I think it looks fantastic by the way - there shouldn't be any problems with grinding the exhaust away whilst leant over in a corner!!









Hope there's a heat shield for the rider & passengers' legs


----------



## DAVID (Mar 17, 2003)

Very Norton Commando S, don't know about the flat seat, be nice with a pillion grab rail, or a raised bit at the rear, like the standard commando.

But nice all the same.









Had an ancient James despatch riders bike that had a similar look about it (apart from lashings of olive drab paint, including the tyres ).

So when do we see the new version Ariel Leader ? Or have Yamaha already done it ??

D.


----------



## Roger (May 17, 2003)

> I have just got to have one of these things


Unless things have changed since I had my Bonneville, dont buy one unless you enjoy being covered in oil from the knees down....you will probably also, get used to walking and using buses.

Good luck if you do buy one.

Roger


----------



## MarkF (Jul 5, 2003)

Roger said:


> > I have just got to have one of these things
> 
> 
> Unless things have changed since I had my Bonneville, dont buy one unless you enjoy being covered in oil from the knees down....you will probably also, get used to walking and using buses.
> ...


These are 100% Roger, the new twin has a superb reputation for reliability. They are oil tight too and nothing drops off them either, therefore Hawkey won't like it.


----------



## Roger (May 17, 2003)

> These are 100% Roger, the new twin has a superb reputation for reliability. They are oil tight too and nothing drops off them either, therefore Hawkey won't like it.


I,m pleased to hear that...my bonny was a real dog


----------



## Andy (Feb 23, 2003)

What's it supposed top be ?

Some sort of flat-tracker









Doesn't suit my tastes but hey, if that sort of thing floats your boat, go for it.

I'd probably feel the same way if Honda re-introduced the CX500.


----------



## MIKE (Feb 23, 2003)

Roger said:


> > I have just got to have one of these things
> 
> 
> Unless things have changed since I had my Bonneville, dont buy one unless you enjoy being covered in oil from the knees down....you will probably also, get used to walking and using buses.
> ...


Things changed years ago Roger


















Even the latest incarnation of my "Trusty Steed" has come to the end with just a few '06 models been made to finish 955i Daytona range off









Mark, I would sooner have the Thruxton Bonneville









Mike


----------



## deryckb (Aug 11, 2005)

Roger said:


> > I have just got to have one of these things
> 
> 
> Unless things have changed since I had my Bonneville, dont buy one unless you enjoy being covered in oil from the knees down....you will probably also, get used to walking and using buses.
> ...


The new Triumphs are not related to the the old Triumph from Meridan. They are built in a new factory at Hinckley.

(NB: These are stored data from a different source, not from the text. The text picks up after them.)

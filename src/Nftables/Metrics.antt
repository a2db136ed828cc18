-- ===== src/Nftables/Metrics.antt =====
-- `build_metrics` of crates/nlx-netlink/src/collectors/nftables.rs, one function for each of its
-- sections. `of_u64` is the cast of an integer to an `f64`.
use netlink_exporter.Base.{
  ℕ, ◌-◌, List, [], ◌∷◌, ◌++◌, ltb, if◌then◌else◌, length, take, map, flat_map,
}
use netlink_exporter.Base.Map.{insert}
use netlink_exporter.Base.Order.{text_ord}
use netlink_exporter.Base.Text.{Text, codes, signed_decimal}
use netlink_exporter.Metric.{Labels, MetricSample, counter_sample, gauge_sample}
use netlink_exporter.Nftables.{NftTable, NftChain, NftSet, NftFlowtable}
use netlink_exporter.Nftables.Objects.{NftCounter, NftQuota, NftLimit}
use netlink_exporter.Nftables.Rules.{NftRuleCounter}

abbrev pub rule_counter_max_series : ℕ
rule_counter_max_series = 1000

abbrev pub table_labels : NftTable → Labels
table_labels t = insert (codes "family") t.family (insert (codes "table") t.name [])

abbrev pub chain_labels : NftChain → Labels
chain_labels c = insert (codes "policy") c.policy (
    insert (codes "priority") (signed_decimal c.priority) (
      insert (codes "hook") c.hook (
        insert (codes "type") c.chain_type
          (insert (codes "chain") c.chain (insert (codes "table") c.table [])))))

abbrev pub rule_labels : NftRuleCounter → Labels
rule_labels rc =
    insert (codes "comment") rc.comment
      (insert (codes "chain") rc.chain (insert (codes "table") rc.table []))

abbrev pub overflow_labels : Labels
overflow_labels =
    insert (codes "reason") (codes "cardinality_overflow")
      (insert (codes "collector") (codes "nftables") [])

-- The labels of named objects, with and without a type.
abbrev pub object_labels : Text → Text → Labels
object_labels table name = insert (codes "name") name (insert (codes "table") table [])

abbrev pub typed_labels : Text → Text → Text → Labels
typed_labels table name ty = insert (codes "type") ty (object_labels table name)

abbrev pub flowtable_labels : NftFlowtable → Labels
flowtable_labels ft = insert (codes "hw_offload") (if ft.hw_offload then codes "1" else codes "0") (
    insert (codes "priority") (signed_decimal ft.priority)
      (insert (codes "hook") ft.hook (object_labels ft.table ft.name)))

-- Everything that the dumps of one scrape give.
pub record Ruleset : Type 0 where
  pub tables : List NftTable
  pub chains : List NftChain
  pub rule_counters : List NftRuleCounter
  pub named_counters : List NftCounter
  pub sets : List NftSet
  pub quotas : List NftQuota
  pub limits : List NftLimit
  pub generation : ℕ
  pub flowtables : List NftFlowtable

module _ {F64 : Type 0} (of_u64 : ℕ → F64) where
  abbrev pub table_sample : NftTable → MetricSample F64
  table_sample t =
      gauge_sample (codes "nft_table_info")
        (codes "Metadata gauge (always 1) for each nftables table.") (table_labels t) (of_u64 1)

  abbrev pub chain_sample : NftChain → MetricSample F64
  chain_sample c =
      gauge_sample (codes "nft_chain_info")
        (codes "Metadata gauge (always 1) for each nftables chain.") (chain_labels c) (of_u64 1)

  abbrev pub rule_samples : NftRuleCounter → List (MetricSample F64)
  rule_samples rc =
      counter_sample (codes "nft_rule_counter_bytes_total")
        (codes "Total bytes matched by nftables rules carrying a counter expression.")
        (rule_labels rc) rc.bytes
      ∷ counter_sample (codes "nft_rule_counter_packets_total")
          (codes "Total packets matched by nftables rules carrying a counter expression.")
          (rule_labels rc) rc.packets
      ∷ []

  -- The sample of the rules beyond the cap, if there are any.
  unfoldable pub overflow_samples : ℕ → List (MetricSample F64)
  overflow_samples rules =
      let dropped = rules - rule_counter_max_series in
      if ltb 0 dropped
      then counter_sample (codes "nft_scrape_collector_error_total")
          (codes "Total errors during collection partitioned by collector and reason.")
          overflow_labels dropped
        ∷ []
      else []

  unfoldable pub rules_samples : List NftRuleCounter → List (MetricSample F64)
  unfolding overflow_samples
  rules_samples rules =
      flat_map rule_samples (take rule_counter_max_series rules) ++ overflow_samples (length rules)

  abbrev pub counter_samples : NftCounter → List (MetricSample F64)
  counter_samples nc =
      counter_sample (codes "nft_named_counter_bytes_total")
        (codes "Total bytes counted by a named nftables counter object.")
        (object_labels nc.table nc.name) nc.bytes
      ∷ counter_sample (codes "nft_named_counter_packets_total")
          (codes "Total packets counted by a named nftables counter object.")
          (object_labels nc.table nc.name) nc.packets
      ∷ []

  abbrev pub set_sample : NftSet → MetricSample F64
  set_sample s =
      gauge_sample (codes "nft_set_elements")
        (codes "Current number of elements in a named nftables set or map.")
        (typed_labels s.table s.name s.key_type) (of_u64 s.element_count)

  abbrev pub quota_samples : NftQuota → List (MetricSample F64)
  quota_samples q =
      gauge_sample (codes "nft_named_quota_bytes_total")
        (codes "Configured quota ceiling in bytes for a named nftables quota object.")
        (object_labels q.table q.name) (of_u64 q.bytes_ceiling)
      ∷ gauge_sample (codes "nft_named_quota_consumed_bytes_total")
          (codes "Bytes consumed against the quota ceiling for a named nftables quota object.")
          (object_labels q.table q.name) (of_u64 q.bytes_consumed)
      ∷ gauge_sample (codes "nft_named_quota_depleted")
          (codes "1 when the named quota object is depleted, 0 otherwise.")
          (object_labels q.table q.name) (if q.depleted then of_u64 1 else of_u64 0)
      ∷ []

  abbrev pub limit_samples : NftLimit → List (MetricSample F64)
  limit_samples l =
      gauge_sample (codes "nft_named_limit_rate")
        (codes "Configured rate for a named nftables limit object.")
        (typed_labels l.table l.name l.limit_type) (of_u64 l.rate)
      ∷ gauge_sample (codes "nft_named_limit_burst")
          (codes "Configured burst allowance for a named nftables limit object.")
          (typed_labels l.table l.name l.limit_type) (of_u64 l.burst)
      ∷ []

  abbrev pub generation_sample : ℕ → MetricSample F64
  generation_sample generation =
      gauge_sample (codes "nft_ruleset_generation")
        (codes "Current nftables ruleset generation ID (NFTA_GEN_ID).") [] (of_u64 generation)

  abbrev pub flowtable_sample : NftFlowtable → MetricSample F64
  flowtable_sample ft =
      gauge_sample (codes "nft_flowtable_info")
        (codes "Metadata gauge (always 1) for each nftables flowtable.") (flowtable_labels ft)
        (of_u64 1)

  unfoldable pub build_metrics : Ruleset → List (MetricSample F64)
  unfolding rules_samples
  build_metrics r =
      map table_sample r.tables
      ++ (map chain_sample r.chains
          ++ (rules_samples r.rule_counters
              ++ (flat_map counter_samples r.named_counters
                  ++ (map set_sample r.sets
                      ++ (flat_map quota_samples r.quotas
                          ++ (flat_map limit_samples r.limits
                              ++ (generation_sample r.generation
                                  ∷ map flowtable_sample r.flowtables)))))))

This model is a homage to the 60's Triumph Trophy which had similar high level pipes.


----------



## MarkF (Jul 5, 2003)

MIKE said:


> Things changed years ago Roger
> 
> 
> 
> ...


I love that bike Mike, god knows why they changed such an identifiable design to chase the jap clone-a-like look









Yep, I like the Thruxton, all the twin range in fact but the scrambler look does it for me







Also I am getting on, 43 you know and the bars are way up high









Andy, I had a CX500 and although a bloody good bike, it was freakin ugly, just like my GT550 in fact







I never ever "wanted" to ride them, they were transport nothing else, this is gorgeous, form over function I say.


----------



## MarkF (Jul 5, 2003)




----------



## Roger (May 17, 2003)

Well, I wish Triumph every success, but once bitten etc etc.....they were always second best to BSA anyway.....my Gold Star was, along with the Venom Thruxton, the finest British road bikes of the era......please no comments about Manx Nortons and AJS 7Rs....


----------



## Silver Hawk (Dec 2, 2003)

MarkF said:
 

> They are oil tight too and nothing drops off them either, therefore Hawkey won't like it.
> 
> 
> 
> ...


I'm not familiar with the expression "oil tight".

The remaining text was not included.